## What is needed:
Go through the listing and copy every line word for word.

## Exercise input:
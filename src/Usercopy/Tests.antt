-- ===== src/Usercopy/Tests.antt =====
-- Runs of the checks of usercopy.cpp on a small address space.
use venom_os.Base.{
  ℕ, ◌≡◌, ◌+◌, ◌%◌, ◌↔◌, refl, arith, some, true, false, ◌⊎◌, ◌==◌, if◌then◌else◌, ltb, leb, ◌&&◌,
}
use venom_os.Paging.{Tables, address}
use venom_os.Paging.Walk.{leaf}
use venom_os.Usercopy.{
  page_is_user_accessible, pdpt_is_open, pd_is_open, validate_user_range, copy_from_user,
  copy_to_user,
}
use venom_os.Usercopy.Range.{
  InUserSpace, AllAccessible, Opens, validate_user_range_iff, page_is_user_accessible_sound,
  copy_from_user_lem, copy_to_user_lem,
}

-- The first page of user space is mapped to 0x5000 for reading and writing, and nothing else is.
abbrev one_page : Tables
one_page table index =
    if table == 0x1000
    then (if index == 0 then 0x2007 else 0)
    else (if table == 0x2000
        then (if index == 1 then 0x3007 else 0)
        else (if table == 0x3000
            then (if index == 0 then 0x4007 else 0)
            else (if table == 0x4000 then (if index == 0 then 0x5007 else 0) else 0)))

abbrev user_bytes : ℕ → ℕ
user_bytes a = a % 256

one_page-open : page_is_user_accessible one_page 0x1000 0x4000_0000 true ≡ true
unfolding page_is_user_accessible pdpt_is_open pd_is_open address
one_page-open = refl

validate_user_range_iff_example :
    ((validate_user_range one_page 0x1000 0x4000_0010 8 true ≡ some true) ↔ (
      (◌≡◌ {A = ℕ} 8 0)
      ⊎ (InUserSpace 0x4000_0010 8 × AllAccessible one_page 0x1000 0x4000_0010 8 true)))
    × ((validate_user_range one_page 0x1000 0x4000_0010 8 true ≡ some true)
        ⊎ (validate_user_range one_page 0x1000 0x4000_0010 8 true ≡ some false))
validate_user_range_iff_example =
    validate_user_range_iff one_page 0x1000 0x4000_0010 8 true (omega arith) (omega arith)

page_is_user_accessible_sound_example : Opens (leaf one_page (address 0x1000) 0x4000_0000) true
page_is_user_accessible_sound_example =
    page_is_user_accessible_sound one_page 0x1000 0x4000_0000 true one_page-open

copy_from_user_lem_example :
    ((out : ℕ → ℕ) × (copy_from_user one_page 0x1000 user_bytes (λ i. 0) 0x4000_0010 8
        ≡ some (true, out))
      × ((◌≡◌ {A = ℕ} 8 0)
          ⊎ (InUserSpace 0x4000_0010 8 × AllAccessible one_page 0x1000 0x4000_0010 8 false))
      × (out 3 ≡ (if ltb 3 8 then user_bytes (0x4000_0010 + 3) else 0)))
    ⊎ (copy_from_user one_page 0x1000 user_bytes (λ i. 0) 0x4000_0010 8 ≡ some (false, λ i. 0))
copy_from_user_lem_example =
    copy_from_user_lem one_page 0x1000 user_bytes (λ i. 0) 0x4000_0010 8 3 (omega arith)
      (omega arith)

copy_to_user_lem_example :
    ((out : ℕ → ℕ) × (copy_to_user one_page 0x1000 user_bytes (λ i. 7) 0x4000_0010 8
        ≡ some (true, out))
      × ((◌≡◌ {A = ℕ} 8 0)
          ⊎ (InUserSpace 0x4000_0010 8 × AllAccessible one_page 0x1000 0x4000_0010 8 true))
      × (out 0x4000_0012 ≡ (
          if leb 0x4000_0010 0x4000_0012 && ltb 0x4000_0012 (0x4000_0010 + 8)
          then 7
          else user_bytes 0x4000_0012)))
    ⊎ (copy_to_user one_page 0x1000 user_bytes (λ i. 7) 0x4000_0010 8 ≡ some (false, user_bytes))
copy_to_user_lem_example =
    copy_to_user_lem one_page 0x1000 user_bytes (λ i. 7) 0x4000_0010 8 0x4000_0012 (omega arith)
      (omega arith)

## Output:
filename src/Usercopy/Tests.antt
-- ===== src/Usercopy/Tests.antt =====
-- Runs of the checks of usercopy.cpp on a small address space.
use venom_os.Base.{
  ℕ, ◌≡◌, ◌+◌, ◌%◌, ◌↔◌, refl, arith, some, true, false, ◌⊎◌, ◌==◌, if◌then◌else◌, ltb, leb, ◌&&◌,
}
use venom_os.Paging.{Tables, address}
use venom_os.Paging.Walk.{leaf}
use venom_os.Usercopy.{
  page_is_user_accessible, pdpt_is_open, pd_is_open, validate_user_range, copy_from_user,
  copy_to_user,
}
use venom_os.Usercopy.Range.{
  InUserSpace, AllAccessible, Opens, validate_user_range_iff, page_is_user_accessible_sound,
  copy_from_user_lem, copy_to_user_lem,
}

-- The first page of user space is mapped to 0x5000 for reading and writing, and nothing else is.
abbrev one_page : Tables
one_page table index =
    if table == 0x1000
    then (if index == 0 then 0x2007 else 0)
    else (if table == 0x2000
        then (if index == 1 then 0x3007 else 0)
        else (if table == 0x3000
            then (if index == 0 then 0x4007 else 0)
            else (if table == 0x4000 then (if index == 0 then 0x5007 else 0) else 0)))

abbrev user_bytes : ℕ → ℕ
user_bytes a = a % 256

one_page-open : page_is_user_accessible one_page 0x1000 0x4000_0000 true ≡ true
unfolding page_is_user_accessible pdpt_is_open pd_is_open address
one_page-open = refl

validate_user_range_iff_example :
    ((validate_user_range one_page 0x1000 0x4000_0010 8 true ≡ some true) ↔ (
      (◌≡◌ {A = ℕ} 8 0)
      ⊎ (InUserSpace 0x4000_0010 8 × AllAccessible one_page 0x1000 0x4000_0010 8 true)))
    × ((validate_user_range one_page 0x1000 0x4000_0010 8 true ≡ some true)
        ⊎ (validate_user_range one_page 0x1000 0x4000_0010 8 true ≡ some false))
validate_user_range_iff_example =
    validate_user_range_iff one_page 0x1000 0x4000_0010 8 true (omega arith) (omega arith)

page_is_user_accessible_sound_example : Opens (leaf one_page (address 0x1000) 0x4000_0000) true
page_is_user_accessible_sound_example =
    page_is_user_accessible_sound one_page 0x1000 0x4000_0000 true one_page-open

copy_from_user_lem_example :
    ((out : ℕ → ℕ) × (copy_from_user one_page 0x1000 user_bytes (λ i. 0) 0x4000_0010 8
        ≡ some (true, out))
      × ((◌≡◌ {A = ℕ} 8 0)
          ⊎ (InUserSpace 0x4000_0010 8 × AllAccessible one_page 0x1000 0x4000_0010 8 false))
      × (out 3 ≡ (if ltb 3 8 then user_bytes (0x4000_0010 + 3) else 0)))
    ⊎ (copy_from_user one_page 0x1000 user_bytes (λ i. 0) 0x4000_0010 8 ≡ some (false, λ i. 0))
copy_from_user_lem_example =
    copy_from_user_lem one_page 0x1000 user_bytes (λ i. 0) 0x4000_0010 8 3 (omega arith)
      (omega arith)

copy_to_user_lem_example :
    ((out : ℕ → ℕ) × (copy_to_user one_page 0x1000 user_bytes (λ i. 7) 0x4000_0010 8
        ≡ some (true, out))
      × ((◌≡◌ {A = ℕ} 8 0)
          ⊎ (InUserSpace 0x4000_0010 8 × AllAccessible one_page 0x1000 0x4000_0010 8 true))
      × (out 0x4000_0012 ≡ (
          if leb 0x4000_0010 0x4000_0012 && ltb 0x4000_0012 (0x4000_0010 + 8)
          then 7
          else user_bytes 0x4000_0012)))
    ⊎ (copy_to_user one_page 0x1000 user_bytes (λ i. 7) 0x4000_0010 8 ≡ some (false, user_bytes))
copy_to_user_lem_example =
    copy_to_user_lem one_page 0x1000 user_bytes (λ i. 7) 0x4000_0010 8 0x4000_0012 (omega arith)
      (omega arith)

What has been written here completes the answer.